**TASK STATEMENT:** Below are the records. Retype exactly the lines between the lines holding "abbrev json : Values Json" and "focus_description) ∷ []", inclusive.

**Collected data:**
####################

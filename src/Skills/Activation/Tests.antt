-- ===== src/Skills/Activation/Tests.antt =====
-- A skill activated at the top level (src/skills/runtime.rs).
use rust_claw_oc.Prelude.{◌≡◌, refl, ℕ, true, false, none, some, List, [], ◌∷◌, ok, String, keep}
use rust_claw_oc.Prelude.Dict.{lookup}
use rust_claw_oc.CallChain.{
  CallChainContext, CallChainSeed, append_frame, new_root, contains_skill, current_depth,
}
use rust_claw_oc.Skills.Definition.{SkillDef, manual_only}
use rust_claw_oc.Skills.Arguments.{Values}
use rust_claw_oc.Skills.Policy.{canonicalize_tools, filter_tools_by_allowed_names}
use rust_claw_oc.Skills.Policy.Visible.{is_visible}
use rust_claw_oc.Skills.Activation.Toolset.{before_tool_resolution-activate_skill}
use rust_claw_oc.Skills.Activation.{
  SkillInvocation, running, compatibility_notes, activate_skill, activate_in, check_chain,
  invocation_of, before_tool_resolution,
}
use rust_claw_oc.Skills.Activation.Delegation.{IsReached, at_top, IsSound, IsReached-IsSound}

abbrev planner : SkillDef ℕ
planner = record {
  meta = record {
    name = "planner";
    version = "1";
    description = "";
    trigger = manual_only;
    allowed_tools = [];
    output_mode = none;
  };
  instructions = "plan";
  parameters = none;
  constraints = record { forbid_code_write = false; required_artifact_kind = none };
}

abbrev top : CallChainSeed
top = record {
  inherited_context = none;
  inherited_budget = record { remaining_steps = none; remaining_timeout_sec = none };
  handoff_context = none;
}

abbrev context : CallChainContext
context = append_frame (λ s. s) "1" "planner" none (new_root 0 "root")

abbrev invocation : SkillInvocation ℕ
invocation = record {
  skill_name = "planner";
  version = "1";
  instructions = "plan";
  allowed_tools = canonicalize_tools [];
  raw_args = none;
  json_args = none;
  handoff_context = none;
  pending_interaction = none;
  state = running;
  call_chain_context = context;
  compatibility_notes = compatibility_notes planner;
}

-- JSON values that are numbers.
abbrev json : Values ℕ
json = record {
  as_object = λ n. none;
  as_array = λ n. none;
  as_str = λ n. none;
  as_bool = λ n. none;
  is_integer = λ n. true;
  is_number = λ n. true;
  is_null = λ n. false;
  to_string = λ n. "";
  from_str = λ s. ok 0;
}

context-IsReached : IsReached (λ s. s) json context
unfolding activate_skill activate_in check_chain invocation_of append_frame new_root contains_skill
    current_depth
context-IsReached = at_top "1" 0 "root" top planner none none invocation refl refl

IsReached-IsSound_example : IsSound context
IsReached-IsSound_example = IsReached-IsSound (λ s. s) json context context-IsReached

abbrev reader : SkillDef ℕ
reader = record planner { meta = record planner.meta { allowed_tools = "Read" ∷ "exec" ∷ [] } }

abbrev reading : SkillInvocation ℕ
reading = record invocation {
  allowed_tools = canonicalize_tools ("Read" ∷ "exec" ∷ []);
  compatibility_notes = compatibility_notes reader;
}

abbrev tools : List (String × ℕ)
tools = ("read_file", 0) ∷ ("execute_bash", 1) ∷ ("wait", 2) ∷ ("task_plan", 3) ∷ []

seen_by_reader :
    before_tool_resolution (some reading) tools
    ≡ ("read_file", 0) ∷ ("wait", 2) ∷ ("task_plan", 3) ∷ []
unfolding before_tool_resolution filter_tools_by_allowed_names canonicalize_tools lookup
seen_by_reader = refl

before_tool_resolution-activate_skill_example :
    before_tool_resolution (some reading) tools
    ≡ keep (λ tool. is_visible ("Read" ∷ "exec" ∷ []) tool.0) tools
unfolding activate_skill activate_in check_chain invocation_of append_frame new_root contains_skill
    current_depth
before_tool_resolution-activate_skill_example =
    before_tool_resolution-activate_skill (λ s. s) json "1" 0 "root" top reader none none reading
      tools refl
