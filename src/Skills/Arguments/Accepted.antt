-- ===== src/Skills/Arguments/Accepted.antt =====
-- Which arguments are accepted (src/skills/arguments.rs), where the parameters are no JSON schema. The
-- code takes them for one if they have a member `type` or `properties`.
use rust_claw_oc.Prelude.{
  String, ◌≡◌, refl, sym, ap, ◌∙◌, inl, inr, arith, Bool, true, false, ◌&&◌, ◌||◌, not, none, some,
  List, [], ◌∷◌, map, keep, is_empty, is_some, All, Result, Result-cases, ok, err, if◌then◌else◌,
  Bool-cases, Option-cases,
}
use rust_claw_oc.Prelude.Dict.{Dict, lookup, insert, lookup-insert}
use rust_claw_oc.Skills.Arguments.{
  Values, ParameterSpec, contains_key, is_required, expected_type, map_spec,
  normalize_parameter_spec, value_matches_type, check_required, check_types, unknown_keys,
  check_members, validate_object_args, validate_json_args,
}

abbrev pub is_ok {ℓ κ} : {E : Type ℓ} {A : Type κ} → Result E A → Bool
is_ok (ok a) = true
is_ok (err e) = false

abbrev pub every {ℓ} : {A : Type ℓ} → (A → Bool) → List A → Bool
every p [] = true
every p (x ∷ xs) = let rest = every p xs in p x && rest

every-same {ℓ} :
    {A : Type ℓ} (p q : A → Bool) → ((x : A) → p x ≡ q x) → (xs : List A) → every p xs ≡ every q xs
every-same p q same [] = refl
every-same p q same (x ∷ xs) = rw (same x, every-same p q same xs) refl

keep-every :
    (p : String → Bool) (xs : List String) → is_empty (keep (λ x. not (p x)) xs) ≡ every p xs
keep-every p [] = refl
keep-every p (x ∷ xs) = elim (Bool-cases (p x)) [
  | inl good ↦ rw good (keep-every p xs)
  | inr bad ↦ rw bad refl
]

every-map {ℓ} :
    {A : Type ℓ} (p : String → Bool) (f : A → String) (xs : List A)
    → every p (map f xs) ≡ every (λ x. p (f x)) xs
every-map p f [] = refl
every-map p f (x ∷ xs) = rw (every-map p f xs) refl

module _ {V : Type 0} (json : Values V) where
  check_required_lem :
      (keys : List String) (args : Dict V)
      → is_ok (check_required keys args) ≡ every (contains_key args) keys
  unfolding check_required
  check_required_lem [] args = refl
  check_required_lem (k ∷ keys) args = elim (Bool-cases (contains_key args k)) [
    | inl good ↦ rw good (check_required_lem keys args)
    | inr bad ↦ rw bad refl
  ]

  -- Has the argument the type that its parameter asks for?
  abbrev pub has_type : Dict V → String × V → Bool
  has_type properties entry = elim (expected_type json properties entry.0) [
    | none ↦ true
    | some t ↦ value_matches_type json entry.1 t
  ]

  check_types_lem :
      (properties args : Dict V)
      → is_ok (check_types json properties args) ≡ every (has_type properties) args
  unfolding check_types
  check_types_lem properties [] = refl
  check_types_lem properties ((name, value) ∷ args) =
      elim (Option-cases (expected_type json properties name)) [
        | inl untyped ↦ rw (untyped, check_types, has_type) (check_types_lem properties args)
        | inr (t, typed) ↦ elim (Bool-cases (value_matches_type json value t)) [
          | inl good ↦ rw (typed, check_types, has_type) (rw good (check_types_lem properties args))
          | inr bad ↦ rw (typed, check_types, has_type) (rw bad refl)
        ]
      ]

  check_members_lem :
      (spec : ParameterSpec V) (args : Dict V)
      → is_ok (check_members json spec args) ≡ (
          every (contains_key args) spec.required
          && ((spec.allow_additional || every (λ e. contains_key spec.properties e.0) args)
              && every (has_type spec.properties) args))
  unfolding check_members
  check_members_lem spec args =
      let need = check_required_lem spec.required args in
      let known : is_empty (unknown_keys spec.properties args)
          ≡ every (λ e. contains_key spec.properties e.0) args =
        keep-every (contains_key spec.properties) (map (λ e. e.0) args)
        ∙ every-map (contains_key spec.properties) (λ e. e.0) args in
      elim (Result-cases (check_required spec.required args)) [
        | inl (e, fails) ↦ rw (fails, check_members) (rw (sym need ∙ ap is_ok fails) refl)
        | inr (u, done) ↦
            let all_there : every (contains_key args) spec.required ≡ true =
              sym need ∙ ap is_ok done in
            let allowed =
              spec.allow_additional || every (λ e. contains_key spec.properties e.0) args in
            rw (done, check_members, all_there, known)
              (elim (Bool-cases allowed) [
                | inl good ↦ rw good (check_types_lem spec.properties args)
                | inr bad ↦ rw bad refl
              ])
      ]

  -- What the members of a skill's parameters ask for: a parameter has a description, and is required
  -- if it says so.
  abbrev pub needs : String × V → Bool
  needs entry = elim (json.as_object entry.1) [ none ↦ false | some spec ↦ is_required json spec ]

  -- The spec that the description of the parameters gives.
  abbrev IsSpecOf : Dict V → ParameterSpec V → Type 0
  IsSpecOf d spec =
      (spec.allow_additional ≡ false)
      × (((k : String) → lookup k spec.properties ≡ lookup k d)
          × ((p : String → Bool) → every p spec.required ≡ every (λ e. not (needs e) || p e.0) d))

  map_spec_lem :
      (d : Dict V)
      → All (λ e. is_some (json.as_object e.1) ≡ true) d
      → (spec : ParameterSpec V) × ((map_spec json d ≡ ok spec) × IsSpecOf d spec)
  unfolding map_spec lookup
  map_spec_lem [] h = (_, (refl, (refl, (λ k. refl, λ p. refl))))
  map_spec_lem ((name, v) ∷ d) (described, h) = elim (Option-cases (json.as_object v)) [
    | inl none_there ↦ absurd (ground (arith, sym described ∙ ap is_some none_there))
    | inr (o, is_o) ↦
        let (rest, (made, (closed, (same, needed)))) = map_spec_lem d h in
        let spec : ParameterSpec V = record {
          properties = insert name v rest.properties;
          required = if is_required json o then name ∷ rest.required else rest.required;
          allow_additional = false;
        } in
        let found : (k : String) → lookup k spec.properties ≡ lookup k ((name, v) ∷ d) =
          λ k. lookup-insert name k v rest.properties ∙ rw (same k) refl in
        (
          spec,
          (
            rw (is_o, map_spec, made) refl,
            (
              refl,
              (
                found,
                λ p. elim (Bool-cases (is_required json o)) [
                  | inl is_needed ↦
                      rw (is_o, needs) (rw is_needed (ap (λ b. p name && b) (needed p)))
                  | inr free ↦ rw (is_o, needs) (rw free (needed p))
                ],
              ),
            ),
          ),
        )
  ]

  has_type-same :
      (d d' : Dict V)
      → ((k : String) → lookup k d ≡ lookup k d')
      → (e : String × V) → has_type d e ≡ has_type d' e
  unfolding expected_type
  has_type-same d d' same e = rw (same e.0, has_type, expected_type) refl

  -- Where the parameters are an object whose members are all objects, none of them named `type` or
  -- `properties`, each member is a parameter and its description. Arguments that are an object are
  -- then accepted exactly if every parameter that says it is required is there, every argument is a
  -- parameter, and every argument has the type, if any, that the description of its parameter asks
  -- for.
  pub validate_json_args_lem :
      (parameters value : V) (d args : Dict V)
      → json.as_object parameters ≡ some d
      → contains_key d "type" ≡ false
      → contains_key d "properties" ≡ false
      → All (λ e. is_some (json.as_object e.1) ≡ true) d
      → json.as_object value ≡ some args
      → is_ok (validate_json_args json (some parameters) value) ≡ (
          every (λ e. not (needs e) || contains_key args e.0) d
          && (every (λ e. contains_key d e.0) args && every (has_type d) args))
  unfolding validate_json_args normalize_parameter_spec validate_object_args
  validate_json_args_lem parameters value d args is_d no_type no_properties described is_args =
      let (spec, (made, (closed, (same, needed)))) = map_spec_lem d described in
      let normal : normalize_parameter_spec json parameters ≡ ok spec =
        rw (is_d, normalize_parameter_spec, no_type, no_properties) made in
      let run : validate_json_args json (some parameters) value ≡ check_members json spec args =
        rw (normal, validate_json_args, is_args, validate_object_args) refl in
      let known =
        every-same (λ e. contains_key spec.properties e.0) (λ e. contains_key d e.0)
          (λ e. ap is_some (same e.0)) args in
      let typed =
        every-same (has_type spec.properties) (has_type d) (has_type-same spec.properties d same)
          args in
      ap is_ok run
      ∙ check_members_lem spec args
      ∙ rw (closed, needed (contains_key args), known, typed) refl
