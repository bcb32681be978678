-- ===== src/Skills/Arguments/Tests.antt =====
-- Tests of src/skills/arguments.rs.
use rust_claw_oc.Prelude.{
  String, ◌≡◌, refl, Bool, true, false, ◌&&◌, ◌||◌, not, Option, none, some, [], ◌∷◌, ok, err, trim,
  strip_prefix,
}
use rust_claw_oc.Prelude.Dict.{Dict, lookup, insert}
use rust_claw_oc.Skills.Arguments.{
  Values, contains_key, validate_json_args, validation, parse_invocation_args,
  normalize_parameter_spec, map_spec, validate_object_args, check_members, check_required,
}
use rust_claw_oc.Skills.Arguments.Accepted.{is_ok, every, needs, has_type, validate_json_args_lem}

-- A text, a Boolean or an object.
mutual
  data Json : Type 0 where
    text : String → Json
    flag : Bool → Json
    object : Members → Json

  data Members : Type 0 where
    no_members : Members
    member : String → Json → Members → Members

abbrev members_of : Members → Dict Json
members_of no_members = []
members_of (member name v ms) = (name, v) ∷ members_of ms

abbrev object_of : Json → Option (Dict Json)
object_of (text s) = none
object_of (flag b) = none
object_of (object ms) = some (members_of ms)

abbrev text_of : Json → Option String
text_of (text s) = some s
text_of (flag b) = none
text_of (object ms) = none

abbrev flag_of : Json → Option Bool
flag_of (text s) = none
flag_of (flag b) = some b
flag_of (object ms) = none

abbrev json : Values Json
json = record {
  as_object = object_of;
  as_array = λ v. none;
  as_str = text_of;
  as_bool = flag_of;
  is_integer = λ v. false;
  is_number = λ v. false;
  is_null = λ v. false;
  to_string = λ v. "{}";
  from_str = λ s. ok (text s);
}

abbrev path_description : Json
path_description = object (member "type" (text "string") (member "required" (flag true) no_members))

abbrev focus_description : Json
focus_description = object (member "type" (text "string") no_members)

abbrev parameters : Json
parameters = object (member "path" path_description (member "focus" focus_description no_members))

abbrev focus_only : Json
focus_only = object (member "focus" (text "bugs") no_members)

abbrev parameter_list : Dict Json
parameter_list = ("path", path_description) ∷ ("focus", focus_description) ∷ []

abbrev argument_list : Dict Json
argument_list = ("focus", text "bugs") ∷ []

missing_path :
    validate_json_args json (some parameters) focus_only
    ≡ err (validation "missing required parameter 'path'")
unfolding validate_json_args normalize_parameter_spec map_spec validate_object_args check_members
    check_required lookup insert
missing_path = refl

-- A parameter named `type` makes the map a JSON schema that has no properties.
abbrev kind_parameters : Json
kind_parameters = object (member "type" focus_description no_members)

type_refused :
    validate_json_args json (some kind_parameters) (object (member "type" (text "bug") no_members))
    ≡ err (validation "unknown parameter(s): type")
unfolding validate_json_args normalize_parameter_spec validate_object_args check_members
    check_required lookup
type_refused = refl

raw_kept :
    parse_invocation_args json (some " src/lib.rs ")
    ≡ ok (record { raw = some "src/lib.rs"; json = none })
unfolding parse_invocation_args trim strip_prefix
raw_kept = refl

validate_json_args_lem_example : is_ok (validate_json_args json (some parameters) focus_only) ≡ (
    every (λ e. not (needs json e) || contains_key argument_list e.0) parameter_list
    && (every (λ e. contains_key parameter_list e.0) argument_list
        && every (has_type json parameter_list) argument_list))
unfolding lookup
validate_json_args_lem_example =
    validate_json_args_lem json parameters focus_only parameter_list argument_list refl refl refl
      (refl, (refl, tt)) refl
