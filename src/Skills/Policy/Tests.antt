-- ===== src/Skills/Policy/Tests.antt =====
-- A skill that may read and ask (src/skills/policy.rs).
use rust_claw_oc.Prelude.{◌≡◌, refl, false, String, none, List, [], ◌∷◌, ℕ}
use rust_claw_oc.Skills.Definition.{SkillDef, manual_only}
use rust_claw_oc.Skills.Policy.{
  filter_tools, can_call, filter_tools_by_allowed_names, canonicalize_tools,
  can_call_with_allowed_names,
}
use rust_claw_oc.Prelude.Dict.{lookup}

abbrev asker : SkillDef ℕ
asker = record {
  meta = record {
    name = "ask";
    version = "1";
    description = "";
    trigger = manual_only;
    allowed_tools = "Read" ∷ "AskUser" ∷ "ask_user" ∷ [];
    output_mode = none;
  };
  instructions = "";
  parameters = none;
  constraints = record { forbid_code_write = false; required_artifact_kind = none };
}

abbrev tools : List (String × ℕ)
tools = ("read_file", 0) ∷ ("execute_bash", 1) ∷ ("task_plan", 2) ∷ []

seen_by_asker : filter_tools tools asker ≡ ("read_file", 0) ∷ ("task_plan", 2) ∷ []
unfolding filter_tools filter_tools_by_allowed_names canonicalize_tools lookup
seen_by_asker = refl

no_shell : can_call "execute_bash" asker ≡ false
unfolding can_call can_call_with_allowed_names canonicalize_tools lookup
no_shell = refl
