-- ===== src/Subagent.antt =====
-- Sub-agent jobs (src/subagent_runtime.rs): their states, how the end of a session becomes a state,
-- and the store of jobs; and the tools of a sub-agent (src/session/factory.rs).
pub mod State
pub mod Session
pub mod Toolset
pub mod Jobs
pub mod Debug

####################

**OUTPUT BELOW:**
abbrev json : Values Json
json = record {
  as_object = object_of;
  as_array = λ v. none;
  as_str = text_of;
  as_bool = flag_of;
  is_integer = λ v. false;
  is_number = λ v. false;
  is_null = λ v. false;
  to_string = λ v. "{}";
  from_str = λ s. ok (text s);
}

abbrev path_description : Json
path_description = object (member "type" (text "string") (member "required" (flag true) no_members))

abbrev focus_description : Json
focus_description = object (member "type" (text "string") no_members)

abbrev parameters : Json
parameters = object (member "path" path_description (member "focus" focus_description no_members))

abbrev focus_only : Json
focus_only = object (member "focus" (text "bugs") no_members)

abbrev parameter_list : Dict Json
parameter_list = ("path", path_description) ∷ ("focus", focus_description) ∷ []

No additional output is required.